Once this is done, you should be able to see your new kernel in the list of kernels within Jupyter (you may have to reload your session before it appears). If you used additional software modules (i.e., PyTorch) when creating your virtual environment, you will need to load these prior to starting a Jupyter session. See the "Jupyter Interactive Apps" section of CCR's OnDemand documentation for instructions.

Python for AI and Machine Learning

Check out this video for an overview of using Python in containers, virtual environments and containers, and containers from NVIDIA:

Do not just try to run pip install torch, it will not go well. To install things like PyTorch or Huggingface Transformers properly, you will need to use EasyBuild and not pip. If it is imperative to use the latest versions of these packages and EasyBuild has not worked, you should try using prebuilt containers provided by NVIDIA).
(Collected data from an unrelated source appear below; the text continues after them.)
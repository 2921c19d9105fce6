-- ===== src/Capture/Newobj.antt =====
-- capture.c: what `process_newobj` does to the capture, the record of the class and the table.
use memory_profiler.Base.{
  ℕ, ◌+◌, ◌^◌, ◌<◌, ◌≡◌, refl, sym, ap, ◌∙◌, true, false, not, Option, none, some, ◌==◌, add_size,
  mul_size, subst,
}
use memory_profiler.Ruby.{Ruby, StTable}
use memory_profiler.Allocations.{Allocations}
use memory_profiler.Table.Layout.{Table, entry_size, max_probe_length}
use memory_profiler.Table.Operations.{insert, overloaded}
use memory_profiler.Table.Holds.{IsLive, IsValid}
use memory_profiler.Table.Resize.{RefusesOverflow}
use memory_profiler.Table.Load.{insert-Loads}
use memory_profiler.Table.Insert.{insert-Inserts}
use memory_profiler.Capture.State.{
  Capture, World, Called, returned, threw, Run, finished, raised, fault, Surroundings, inc_int,
  put_capture, dec_int, pause, resume,
}
use memory_profiler.Capture.Calls.{
  Leaves, captures-put, paused-captures, skip-captures, call_if-Leaves,
}
use memory_profiler.Capture.Process.{count_new, store_object, process_newobj, call_if, fill}
use memory_profiler.Capture.Stores.{Stores, fill-Stores}
use memory_profiler.Capture.Counting.{Counting, Counted, skipped, counted, count_new-Counted}

module _ ⦃rb : Ruby⦄ (st : StTable) (env : Surroundings st) where
  -- After a callback: the object is stored with what the callback returned and the capture is resumed;
  -- where the callback raised, nothing is stored and the capture stays paused.
  abbrev pub StoredAfter : ℕ → Capture st → Table → ℕ → ℕ → Called st → Run st → Type 0
  StoredAfter self c t klass object (returned value w) (finished w') =
      (t' : Table) × (w'.captures self ≡ record c { states = some t'; paused = dec_int c.paused })
      × Stores t (record { object = object; klass = klass; data_value = value }) t'
  StoredAfter self c t klass object (threw w) (raised w') = w'.captures self ≡ c
  StoredAfter self c t klass object (returned value w) (raised w') = ⊥
  StoredAfter self c t klass object (returned value w) fault = ⊥
  StoredAfter self c t klass object (threw w) (finished w') = ⊥
  StoredAfter self c t klass object (threw w) fault = ⊥

  -- The table can take one more object: it is well formed, fewer than 10000 slots are in use, and the
  -- allocator grants the larger array where one is needed.
  pub record Ready (t : Table) : Type 0 where
    pub valid : IsValid t
    pub refuses : RefusesOverflow env.calloc
    pub granted : overloaded t ≡ true → env.calloc (mul_size t.capacity 2) entry_size ≡ true
    pub few : t.count + t.tombstones < max_probe_length

  store_object-StoredAfter :
      (self klass object : ℕ) (c : Capture st) (t : Table) (called : Called st)
      → c.states ≡ some t
      → Ready t
      → IsLive object
      → Leaves st self c called
      → StoredAfter self c t klass object called (store_object st env self klass object called)
  unfolding store_object
  store_object-StoredAfter self klass object c t (threw w) e ready ok h = h
  store_object-StoredAfter self klass object c t (returned value w) e ready ok h =
      let r = insert env.calloc t object in
      let t' = fill r.0 r.1 klass value in
      let c' : Capture st = record (w.captures self) { states = some t' } in
      let there : (w.captures self).states ≡ some t = ap (λ (x : Capture st). x.states) h ∙ e in
      let end : (resume st (put_capture st w self c') self).captures self
          ≡ record c { states = some t'; paused = dec_int c.paused } =
        captures-put st (put_capture st w self c') self _
        ∙ ap (λ (x : Capture st). record x { paused = dec_int x.paused })
            (captures-put st w self c')
        ∙ ap (λ (x : Capture st). record x { states = some t'; paused = dec_int x.paused }) h in
      let load =
        insert-Loads ready.valid object ok env.calloc ready.refuses ready.granted ready.few in
      rw there (
        t',
        end,
        fill-Stores t object klass value r ok
            (insert-Inserts ready.valid object ok env.calloc ready.refuses ready.granted ready.few)
            load.one_more,
      )

  -- The capture while the callback runs for a new object.
  abbrev pub counted_capture : Capture st → st.Table → Capture st
  counted_capture c classes = record c {
    paused = inc_int c.paused;
    tracked = classes;
    new_count = add_size c.new_count 1;
  }

  -- How the processing of a new object ends, where the capture's table was `t`: it is ignored, or it
  -- is counted and then stored as the callback decides.
  pub data Newobj (w : World st) (self klass object : ℕ) (t : Table) : Run st → Type 0 where
    ignored :
        (w' : World st)
        → st.lookup (w.captures self).tracked klass ≡ none
        → (w.captures self).track_all ≡ false
        → w'.captures self ≡ w.captures self
        → Newobj w self klass object t (finished w')
    tracked :
        (a : ℕ) (r : Allocations) (classes : st.Table) (before : World st) (run : Run st)
        → Counting st env (pause st w self) self klass a r classes
        → before.captures self ≡ counted_capture (w.captures self) classes
        → before.records a ≡ r
        → StoredAfter self
            (counted_capture (w.captures self) classes)
            t
            klass
            object
            (call_if st env
              (not (r.callback == rb.q_nil))
              r.callback
              klass
              env.sym_newobj
              rb.q_nil
              before)
            run
        → Newobj w self klass object t run

  module _ (self : ℕ)
      (leaves : (callback klass symbol argument : ℕ) (w : World st)
        → Leaves st self (w.captures self) (env.call callback klass symbol argument w)) where
    finish-Newobj :
        (w : World st) (klass object : ℕ) (t : Table)
        → (w.captures self).states ≡ some t
        → (w.captures self).paused < 2 ^ 32
        → Ready t
        → IsLive object
        → (o : Option (World st × ℕ)) → count_new st env (pause st w self) self klass ≡ o
        → Counted st env (pause st w self) self klass o
        → Newobj w self klass object t (process_newobj st env w self klass object)
    unfolding process_newobj
    finish-Newobj w klass object t e lt ready ok none same (skipped absent off) =
        rw (same, process_newobj)
          (ignored _
            (subst (λ (c : Capture st). st.lookup c.tracked klass ≡ none)
              (paused-captures st self w) absent)
            (ap (λ (c : Capture st). c.track_all) (sym (paused-captures st self w)) ∙ off)
            (skip-captures st self w lt))
    finish-Newobj w klass object t e lt ready ok (some _) same
          (counted w' a r classes counting cap rec) =
        let c = w'.captures self in
        let before = put_capture st w' self (record c { new_count = add_size c.new_count 1 }) in
        let shape : before.captures self ≡ counted_capture (w.captures self) classes =
          captures-put st w' self _
          ∙ ap (λ (x : Capture st). record x { new_count = add_size x.new_count 1 }) cap
          ∙ ap
              (λ (x : Capture st). record x {
                tracked = classes;
                new_count = add_size x.new_count 1;
              })
              (paused-captures st self w) in
        let call : Allocations → Called st = λ x.
          call_if st env (not (x.callback == rb.q_nil)) x.callback klass env.sym_newobj rb.q_nil
            before in
        let run : Called st → Run st = store_object st env self klass object in
        rw (same, process_newobj)
          (tracked a r classes before _ counting shape rec (
            subst
              (λ x.
                StoredAfter self (counted_capture (w.captures self) classes) t klass object (call r)
                  (run (call x)))
              (sym rec)
              (store_object-StoredAfter self klass object
                (counted_capture (w.captures self) classes) t (call r) e ready ok
                (subst (λ x. Leaves st self x (call r)) shape
                  (call_if-Leaves st env self leaves _ _ klass env.sym_newobj rb.q_nil before)))))

    pub process_newobj-Newobj :
        (w : World st) (klass object : ℕ) (t : Table)
        → (w.captures self).states ≡ some t
        → (w.captures self).paused < 2 ^ 32
        → Ready t
        → IsLive object
        → Newobj w self klass object t (process_newobj st env w self klass object)
    process_newobj-Newobj w klass object t e lt ready ok =
        finish-Newobj w klass object t e lt ready ok _ refl
          (count_new-Counted st env (pause st w self) self klass)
The preferred method for running ML is to use training scripts submitted to the cluster as batch scripts rather than Jupyter notebooks. When you request a GPU for a Jupyter notebook, this GPU may sit idle for the life of the job depending on how the notebook is being used. Opting to use a training script in a job helps with GPU utilization by automatically freeing GPU resources when training jobs are done.

Common Issues

Check out this video for a few common Python pitfalls we'd like to help you avoid:

  • I cannot connect to a Jupyter kernel I created from a virtual environment!

    • You probably used the system python to build the environment. You must load the python module first as per the CCR Python in a virtual environment documentation. You will have to delete the environment and kernel and rebuild both once you have run module load gcc python
  • I saved my virtual environment to my /projects directory, but my packages are being installed into my home directory and I'm running out of space! This may be caused by a few things:

    • You used the system python to build your venv and now pip is saving downloaded packages to ~/.local. Delete this directory and your current venv and rebuild it after you run module load gcc python
    • You may have a pip configuration file in your home directory telling pip where to install packages. Look at ~/.config/pip/pip.conf and edit to point to the location you want your packages installed to. This can be tricky so we recommend you follow the pip documentation
  • I'm trying to download a model from huggingface but running out of space.

    • You can set new cache directories when running from_pretrained() to download your model. You can also set paths in your job scripts to change your cache directories. An example for the latter method can be found in our huggingface example submission script: /util/software/examples/huggingface/torch-run-sample.sh. This is accessible on the login and cluster compute nodes.